Oppure puoi prendere un pennarello più sottile e utilizzare diversi tratti per oscurare le parole in più. Puoi fare delle linee sottili orizzontali o verticali, creare dei reticolati, o dei disegni come gli scarabocchi zen. Puoi pure prendere gli acquerelli e metterti a dipingere.

Anche in questa fase bisogna fare esercizio di pazienza: troppa fretta nel cancellare rovina la resa estetica del lavoro.

Scrivere senza dover scrivere

So che per molte persone risulta difficile avvicinarsi alla scrittura (per non parlare della poesia) perché tendiamo a essere un po' intimoriti davanti alla pagina bianca. Ci viene in mente la scuola, i temi in classe, il giudizio degli insegnanti.

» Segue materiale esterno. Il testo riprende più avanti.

-- ===== src/Engine/State.antt =====
-- The types and the state of OrderEngine (cpp/include/mm/engine.hpp), its constructor and its
-- accessors (cpp/src/engine.cpp). A live index is the list of the keys that its iterators point at.
-- A counter is a std::uint64_t and wraps; int64 prices and quantities are unbounded integers.
use market_maker_proto.Prelude.{
  ℕ, ◌+◌, Bool, true, false, ◌||◌, ◌==◌, leb, inc_u64, if◌then◌else◌, Option, none, some, List, [],
  length,
}
use market_maker_proto.Prelude.Int.{ℤ, pos, leb_ℤ, ltb_ℤ}
use market_maker_proto.Prelude.Text.{Bytes, bytes}
use market_maker_proto.Types.{Ticks, Side, bid, ask, Instrument}
use market_maker_proto.Protocol.{OutMsg}
use market_maker_proto.Engine.Keys.{OrderKey}
use market_maker_proto.Engine.Containers.{Map, session_range}

pub data OrdState : Type 0 where
  live filled cancelled rejected : OrdState

pub record Order : Type 0 where
  pub eng_id : ℕ
  pub side : Side
  pub px : Ticks
  pub leaves : ℤ
  pub st : OrdState

pub record Book : Type 0 where
  pub bid_px : ℤ
  pub bid_qty : ℤ
  pub ask_px : ℤ
  pub ask_qty : ℤ
  pub md_seq : ℕ

pub record Routed : Type 0 where
  pub session : ℕ
  pub msg : OutMsg

pub record OrderEngine : Type 0 where
  pub inst : Instrument
  pub book : Book
  pub book_seen : Bool
  pub next_eng_id : ℕ
  pub next_exec_id : ℕ
  pub stale_books_ignored : ℕ
  pub max_session_entries : ℕ
  pub orders : Map Order
  pub live_bids : List OrderKey
  pub live_asks : List OrderKey
  pub entries_by_session : ℕ → Option ℕ

abbrev pub same_side : Side → Side → Bool
same_side bid bid = true
same_side ask ask = true
same_side bid ask = false
same_side ask bid = false

abbrev pub is_live : OrdState → Bool
is_live live = true
is_live filled = false
is_live cancelled = false
is_live rejected = false

abbrev pub live_index : Side → OrderEngine → List OrderKey
live_index bid e = e.live_bids
live_index ask e = e.live_asks

-- `live_index(side) = idx`, for the updates through the reference that live_index returns.
abbrev pub with_live_index : Side → List OrderKey → OrderEngine → OrderEngine
with_live_index bid idx e = record e { live_bids = idx }
with_live_index ask idx e = record e { live_asks = idx }

-- std::invalid_argument, by its message, or the engine.
pub data Construction : Type 0 where
  engine : OrderEngine → Construction
  invalid_argument : Bytes → Construction

abbrev pub no_book : Book
no_book = record { bid_px = pos 0; bid_qty = pos 0; ask_px = pos 0; ask_qty = pos 0; md_seq = 0 }

unfoldable pub initial : Instrument → ℕ → OrderEngine
initial inst cap = record {
  inst = inst;
  book = no_book;
  book_seen = false;
  next_eng_id = 1;
  next_exec_id = 1;
  stale_books_ignored = 0;
  max_session_entries = cap;
  orders = [];
  live_bids = [];
  live_asks = [];
  entries_by_session = λ _. none;
}

-- OrderEngine::OrderEngine.
unfoldable pub construct : Instrument → ℕ → Construction
construct inst cap =
    if leb_ℤ inst.tick_size (pos 0) || leb_ℤ inst.lot_size (pos 0)
    then invalid_argument (bytes "OrderEngine: Instrument tick_size and lot_size must be > 0")
    else if ltb_ℤ inst.max_live_orders (pos 0)
    then invalid_argument (bytes "OrderEngine: Instrument max_live_orders must be >= 0")
    else if leb_ℤ inst.max_order_qty (pos 0)
    then invalid_argument (bytes "OrderEngine: Instrument max_order_qty must be > 0")
    else if ltb_ℤ inst.max_price inst.min_price
    then invalid_argument (bytes "OrderEngine: Instrument min_price must be <= max_price")
    else if cap == 0
    then invalid_argument (bytes "OrderEngine: max_session_entries must be > 0")
    else engine (initial inst cap)

unfoldable pub live_count : OrderEngine → ℕ → ℕ
live_count e session =
    length (session_range (λ k. k) session e.live_bids)
    + length (session_range (λ k. k) session e.live_asks)

abbrev pub get_or {ℓ} : {A : Type ℓ} → Option A → A → A
get_or none d = d
get_or (some a) d = a

unfoldable pub entry_count : OrderEngine → ℕ → ℕ
entry_count e session = get_or (e.entries_by_session session) 0

unfoldable pub entry_cap_breached : OrderEngine → ℕ → Bool
unfolding entry_count
entry_cap_breached e session = leb e.max_session_entries (entry_count e session)

-- A write to std::map by its key.
abbrev pub update : (ℕ → Option ℕ) → ℕ → Option ℕ → ℕ → Option ℕ
update m k v j = if j == k then v else m j

-- try_emplace(session, 0) and the increment that commits the entry.
unfoldable pub count_entry : (ℕ → Option ℕ) → ℕ → ℕ → Option ℕ
count_entry m session = update m session (some (inc_u64 (get_or (m session) 0)))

Scrivere per molti è un gesto innaturale: ci si sforza di trovare le parole e di comporre le frasi, come se per scrivere bisognasse attingere a risorse diverse da quelle che utilizziamo già abitualmente per parlare e per esprimerci.

Queste pratiche a me sembrano interessanti anche per questo: non devi scrivere dal nulla, ma solo di ricomporre un testo che già c'è, e questo penso possa in qualche modo aiutare ad abbattere qualche barriera e a rendere la scrittura un'attività più naturale.

E dall'altra parte, chi invece è abituato a scrivere, ma non ha dimestichezza con il disegno o la pittura, può trovare piacevole riuscire a creare qualcosa di visivo anche senza particolari abilità manuali. Consente di lavorare con le parole in un modo nuovo.